There are many of these, but some of the views you’ll use most regularly include: the Versatile lens, which is your basic overview; the StreetSense lens which gives you a unit-specific view of local opportunities; and the Contemplations lens, which reveals locations in which you can ponder things and/or dream of electric sheep, triggering philosophical musings that unlock sidequests which help to bolster your tech and caps, or progress particular endings. There’s also an Investigations lens which lets you locate areas to which you can send qualified androids in order to acquire new tech – like that aforementioned vat-grown meat process, for example.

Why, you might have been wondering since I first mentioned it, would a sentient AI need meat? Well, while you can choose to go to war with the remnants of Earth’s population (indeed, your very first interaction gives you the option to follow an instruction or simply murder the people giving it) you can also cut deals, set up shell companies, employ organics, or fake some digital philanthropy in exchange for reduced suspicion in your activities. To that end you might choose to create shelters for localised populations of homeless humans, and provide them with filtered water and food.
Terminator, too
These projects represent just a handful of the seemingly unending potential opportunities which reveal themselves as you scratch at the surface of this simulation – a process which feels like diving into a fractal structure that never stops unfurling. Combat is always on the table, but you can also force conversations with certain android units, or trigger a debating mini game where you must convince your opponent that they should support your actions. You could demoralise or terrify them, too, fall in with the megacorp controlling the city, rally against it, operate beyond a nuclear event, or even muck about with time travel. Even after dozens of hours playing, exploring some fascinating ideas which I don’t want to spoil here, it’s difficult to sense the edges of Heart’s scope. The game’s ‘no wrong choices’ ethos encourages you to experiment freely and learn from mistakes rather than restarting or reloading – it’s intoxicating.

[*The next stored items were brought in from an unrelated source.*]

-- ===== src/AlphaBeta/Ready.antt =====
-- A filter that no run of observations makes panic.
use esp_clock_sync.Prelude.{
  ℕ, suc, ◌+◌, ◌*◌, ◌^◌, ◌≤◌, ◌<◌, ◌≡◌, refl, ap, true, arith, Bool-cases, inl, inr, ret,
}
use esp_clock_sync.Prelude.Int.{
  ℤ, pos, pos_part, neg_part, ◌+ℤ◌, ◌-ℤ◌, leb_ℤ, +ℤ_parts, *ℤ_pos_parts, parts_exclusive,
  pos_of_nonneg,
}
use native.Mathlib.Nat.{div-le_self}
use esp_clock_sync.Prelude.Words.{FitsI, shl, saturate_i-FitsI}
use esp_clock_sync.AlphaBeta.{AlphaBeta, observe, extrapolate, max_innovation_q}
use esp_clock_sync.AlphaBeta.Outlier.{
  IsSmall, extrapolate_moves, shl_fits, predicted, share, share_small, corrected, correct-ret,
}

-- A filter whose offset is so small that it stays small through `k` observations of any values.
pub record IsReadyFor (k : ℕ) (f : AlphaBeta) : Type 0 where
  pub small :
      (pos_part f.offset_q + k * 2 ^ 116 ≤ 2 ^ 126) × (neg_part f.offset_q + k * 2 ^ 116 ≤ 2 ^ 126)
  pub rate : FitsI 128 f.rate_q
  pub alpha_pos : 0 < f.alpha
  pub beta_pos : 0 < f.beta

pub IsReadyFor-fewer : (f : AlphaBeta) (k : ℕ) → IsReadyFor (suc k) f → IsReadyFor k f
IsReadyFor-fewer f k r =
    let s = r.small in
    record {
      small = (omega arith, omega arith);
      rate = r.rate;
      alpha_pos = r.alpha_pos;
      beta_pos = r.beta_pos;
    }

seeded-IsReadyFor :
    (f : AlphaBeta) (k : ℕ) (x y : ℤ)
    → IsReadyFor (suc k) f
    → FitsI 64 y
    → IsReadyFor k
        (record f { last_x_us = x; offset_q = shl 128 20 y; rate_q = pos 0; initialized = true })
seeded-IsReadyFor f k x y r h =
    let p = *ℤ_pos_parts y (2 ^ 20) in
    let e = shl_fits 20 y (omega arith) in
    let s = r.small in
    record {
      small = rw e (omega arith);
      rate = (omega arith, omega arith);
      alpha_pos = r.alpha_pos;
      beta_pos = r.beta_pos;
    }

module _ (f : AlphaBeta) (k : ℕ) (x y : ℤ) (r : IsReadyFor (suc k) f) (h : FitsI 64 y) where
  offset_bounds : IsSmall f.offset_q
  offset_bounds = let s = r.small in (omega arith, omega arith)

  corrected-IsReadyFor :
      (d : ℕ) (small : IsSmall f.offset_q) (hd : 0 < d)
      → IsReadyFor k (corrected f x y d small r.rate h hd r.alpha_pos r.beta_pos)
  unfolding corrected predicted
  corrected-IsReadyFor d small hd =
      let s = r.small in
      let b = extrapolate_moves f (pos d) small in
      let q = share_small f x y d small r.rate h hd r.alpha_pos r.beta_pos in
      let n = share f x y d small r.rate h hd r.alpha_pos r.beta_pos in
      let p =
        +ℤ_parts (extrapolate f (pos d)) (share f x y d small r.rate h hd r.alpha_pos r.beta_pos) in
      let z =
        parts_exclusive
          (extrapolate f (pos d) +ℤ share f x y d small r.rate h hd r.alpha_pos r.beta_pos) in
      let le = div-le_self max_innovation_q f.alpha in
      record {
        small = (omega arith, omega arith);
        rate = saturate_i-FitsI 128 _;
        alpha_pos = r.alpha_pos;
        beta_pos = r.beta_pos;
      }

  -- An observation leaves the filter ready for one less.
  pub observe-IsReadyFor : (f' : AlphaBeta) × (observe f x y ≡ ret f') × IsReadyFor k f'
  unfolding observe
  observe-IsReadyFor = elim (Bool-cases f.initialized) [
    | inr fresh ↦ (
      record f { last_x_us = x; offset_q = shl 128 20 y; rate_q = pos 0; initialized = true },
      rw fresh refl,
      seeded-IsReadyFor f k x y r h,
    )
    | inl seeded ↦ elim (Bool-cases (leb_ℤ (x -ℤ f.last_x_us) (pos 0))) [
      | inl stale ↦ (f, rw (stale, seeded) refl, IsReadyFor-fewer f k r)
      | inr later ↦
          let (d, gap) = pos_of_nonneg (x -ℤ f.last_x_us) (ground arith) in
          let hd : 0 < d = let p = ap pos_part gap in let n = ap neg_part gap in ground arith in
          (
            corrected f x y d offset_bounds r.rate h hd r.alpha_pos r.beta_pos,
            rw (gap, correct-ret f x y d offset_bounds r.rate h hd r.alpha_pos r.beta_pos, seeded)
                (ground arith),
            corrected-IsReadyFor d offset_bounds hd,
          )
    ]
  ]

With so much going on it would have been easy for the game to lack visual clarity, but Arcen has crafted a thoughtful aesthetic which, after a period of acclimatisation, allows you to make sense of everything at a glance. Some of the UI elements recall the studio’s previous genre mash up, AI War 2, but here those basic elements have matured into something more fully formed. The city is a shadowy presence, foreboding and huge, but it lights up with colour and detail wherever you have a presence. A blanket of dystopian haze engulfs the simulated world you look down on, providing an effective canvas for searing neon icons, bars, and bullet trajectories to cut through. And the game blends detailed renders of your androids with vague 2D silhouettes of the humans you interact with, lending them a dream-like unknowability that underscores your alternate perspective as a machine trying to understand its place in the world.

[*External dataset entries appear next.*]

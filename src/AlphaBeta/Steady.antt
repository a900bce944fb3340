-- ===== src/AlphaBeta/Steady.antt =====
-- On a constant offset the filter is exact from its first observation on.
use esp_clock_sync.Prelude.{
  ℕ, ◌-◌, ◌*◌, ◌^◌, ◌<◌, ◌≡◌, refl, ap, true, List, [], ◌∷◌, some, arith, Bool-cases, inl, inr,
  Exec, ret, ◌>>=◌,
}
use esp_clock_sync.Prelude.Int.{
  ℤ, pos, negsuc, pos_part, neg_part, ◌+ℤ◌, ◌-ℤ◌, ◌*ℤ◌, shr, quot, clamp_inside, leb_ℤ, int_laws,
  -ℤ_self, *ℤ_pos_parts, pos_of_nonneg,
}
use esp_clock_sync.Prelude.Words.{
  FitsI, shl, wrap_i-fits, saturate_i-fits, checked_i-ret, div_i-ret,
}
use esp_clock_sync.AlphaBeta.{AlphaBeta, new, observe, predict, extrapolate, correct}

shl_fits : (a : ℤ) → FitsI 64 a → shl 128 20 a ≡ a *ℤ pos (2 ^ 20)
unfolding shl
shl_fits a h = let p = *ℤ_pos_parts a (2 ^ 20) in wrap_i-fits 128 _ (omega arith) (omega arith)

shr-*ℤ : (a : ℤ) → shr 20 (a *ℤ pos (2 ^ 20)) ≡ a
unfolding shr ◌*ℤ◌
shr-*ℤ (pos n) = ground arith
shr-*ℤ (negsuc n) = ground arith

-- The filter has been seeded, its offset is `y` and its rate zero.
pub record AtRest (f : AlphaBeta) (y : ℤ) : Type 0 where
  pub seeded : f.initialized ≡ true
  pub offset : f.offset_q ≡ y *ℤ pos (2 ^ 20)
  pub rate : f.rate_q ≡ pos 0
  pub alpha_pos : 0 < f.alpha
  pub beta_pos : 0 < f.beta

zero_mul : (a : ℤ) → pos 0 *ℤ a ≡ pos 0
unfolding ◌*ℤ◌
zero_mul a = ground arith

shr_zero : shr 12 (pos 0) ≡ pos 0
unfolding shr
shr_zero = refl

add_zero : (a : ℤ) → a +ℤ pos 0 ≡ a
add_zero a = omega int_laws

extrapolate_rest :
    (f : AlphaBeta) (y dx : ℤ) → FitsI 64 y → AtRest f y → extrapolate f dx ≡ y *ℤ pos (2 ^ 20)
unfolding extrapolate
extrapolate_rest f y dx h r =
    let p = *ℤ_pos_parts y (2 ^ 20) in
    rw
      (
        r.offset,
        r.rate,
        zero_mul dx,
        saturate_i-fits 128 (pos 0) (omega arith),
        shr_zero,
        add_zero (y *ℤ pos (2 ^ 20)),
      )
      (saturate_i-fits 128 _ (omega arith))

pub predict_rest : (f : AlphaBeta) (y t : ℤ) → FitsI 64 y → AtRest f y → predict f t ≡ some y
unfolding predict
predict_rest f y t h r =
    rw
      (
        extrapolate_rest f y (t -ℤ f.last_x_us) h r,
        shr-*ℤ y,
        wrap_i-fits 64 y (omega arith) h,
        r.seeded,
      )
      refl

shl_zero : shl 128 12 (pos 0) ≡ pos 0
unfolding shl ◌*ℤ◌
shl_zero = wrap_i-fits 128 _ (omega arith) (omega arith)

quot_zero : (k : ℕ) → quot (pos 0) (pos k) ≡ pos 0
unfolding quot
quot_zero k = ground arith

correct_rest :
    (f : AlphaBeta) (x y : ℤ) (d : ℕ)
    → FitsI 64 y
    → AtRest f y
    → 0 < d
    → correct f x (pos d) y
      ≡ ret (record f { offset_q = y *ℤ pos (2 ^ 20); rate_q = pos 0; last_x_us = x })
unfolding correct
correct_rest f x y d h r hd =
    let p = *ℤ_pos_parts y (2 ^ 20) in
    let a = r.alpha_pos in
    let b = r.beta_pos in
    rw
      (
        extrapolate_rest f y (pos d) h r,
        shl_fits y h,
        -ℤ_self (y *ℤ pos (2 ^ 20)),
        checked_i-ret 128 (pos 0) (omega arith),
        clamp_inside (negsuc (1_000 * 2 ^ 20 - 1)) (pos (1_000 * 2 ^ 20)) (pos 0) (omega arith)
            (omega arith),
        div_i-ret 128 (pos 0) f.alpha (omega arith) (omega arith),
        quot_zero f.alpha,
        add_zero (y *ℤ pos (2 ^ 20)),
        checked_i-ret 128 (y *ℤ pos (2 ^ 20)) (omega arith),
        shl_zero,
        div_i-ret 128 (pos 0) d hd (omega arith),
        quot_zero d,
        div_i-ret 128 (pos 0) f.beta (omega arith) (omega arith),
        quot_zero f.beta,
        r.rate,
        add_zero (pos 0),
        saturate_i-fits 128 (pos 0) (omega arith),
      )
      refl

-- A later or an earlier observation of the same offset leaves the filter at rest.
observe_rest :
    (f : AlphaBeta) (x y : ℤ)
    → FitsI 64 y
    → AtRest f y
    → (f' : AlphaBeta) × (observe f x y ≡ ret f') × AtRest f' y
unfolding observe
observe_rest f x y h r = elim (Bool-cases (leb_ℤ (x -ℤ f.last_x_us) (pos 0))) [
  | inl stale ↦ (f, rw (stale, r.seeded) refl, r)
  | inr fresh ↦
      let (d, e) = pos_of_nonneg (x -ℤ f.last_x_us) (ground arith) in
      let hd : 0 < d = let p = ap pos_part e in let n = ap neg_part e in ground arith in
      (
        record f { offset_q = y *ℤ pos (2 ^ 20); rate_q = pos 0; last_x_us = x },
        rw (fresh, e, correct_rest f x y d h r hd, r.seeded) refl,
        record {
          seeded = r.seeded;
          offset = refl;
          rate = refl;
          alpha_pos = r.alpha_pos;
          beta_pos = r.beta_pos;
        },
      )
]

seed :
    (alpha beta : ℕ) (x y : ℤ)
    → 0 < alpha
    → 0 < beta
    → FitsI 64 y
    → (f : AlphaBeta) × (observe (new alpha beta) x y ≡ ret f) × AtRest f y
unfolding observe
seed alpha beta x y ha hb h = (
  _,
  refl,
  record { seeded = refl; offset = shl_fits y h; rate = refl; alpha_pos = ha; beta_pos = hb },
)

-- Observations of one offset at the times of a list.
pub observe_all : AlphaBeta → ℤ → List ℤ → Exec AlphaBeta
observe_all f y [] = ret f
observe_all f y (x ∷ xs) = observe f x y >>= λ f'. observe_all f' y xs

observe_all_rest :
    (xs : List ℤ) (f : AlphaBeta) (y : ℤ)
    → FitsI 64 y
    → AtRest f y
    → (f' : AlphaBeta) × (observe_all f y xs ≡ ret f') × AtRest f' y
unfolding observe_all
observe_all_rest [] f y h r = (f, refl, r)
observe_all_rest (x ∷ xs) f y h r =
    let (f', runs, r') = observe_rest f x y h r in
    let (f'', more, final) = observe_all_rest xs f' y h r' in (f'', rw runs more, final)

-- A filter with gains above zero that has observed one offset at one time or more, in any order of
-- the times, predicts exactly that offset at every time, with no panic on the way.
pub observe_all-predict :
    (alpha beta : ℕ) (x : ℤ) (xs : List ℤ) (y t : ℤ)
    → 0 < alpha
    → 0 < beta
    → FitsI 64 y
    → (f : AlphaBeta) × (observe_all (new alpha beta) y (x ∷ xs) ≡ ret f) × (predict f t ≡ some y)
unfolding observe_all
observe_all-predict alpha beta x xs y t ha hb h =
    let (f, runs, r) = seed alpha beta x y ha hb h in
    let (f', more, final) = observe_all_rest xs f y h r in
    (f', rw runs more, predict_rest f' y t h final)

Heart of the Machine is a fiercely confident blend of genres, concepts, and execution that offsets its overwhelming scope with generous freedom and patience. Failure never feels punishing, and almost always teaches you something new about how to tackle similar scenarios as you continue to probe the reality into which you’ve emerged. Arcen somehow manages to nod to Crusader Kings and Syndicate simultaneously, while wrapping the whole thing in a machine-intelligence strangeness that Iain M Banks would have been proud of. I would also be remiss not to mention the wonderful blend of Vangelis-y tunes that tip over into Amiga-era Psygnosis, too. Despite the game’s scale, complexity, and ambition, Heart of the Machine remains steadfastly accessible and forgiving and as a result it’s impossible not to become entranced by Arcen’s brave new world.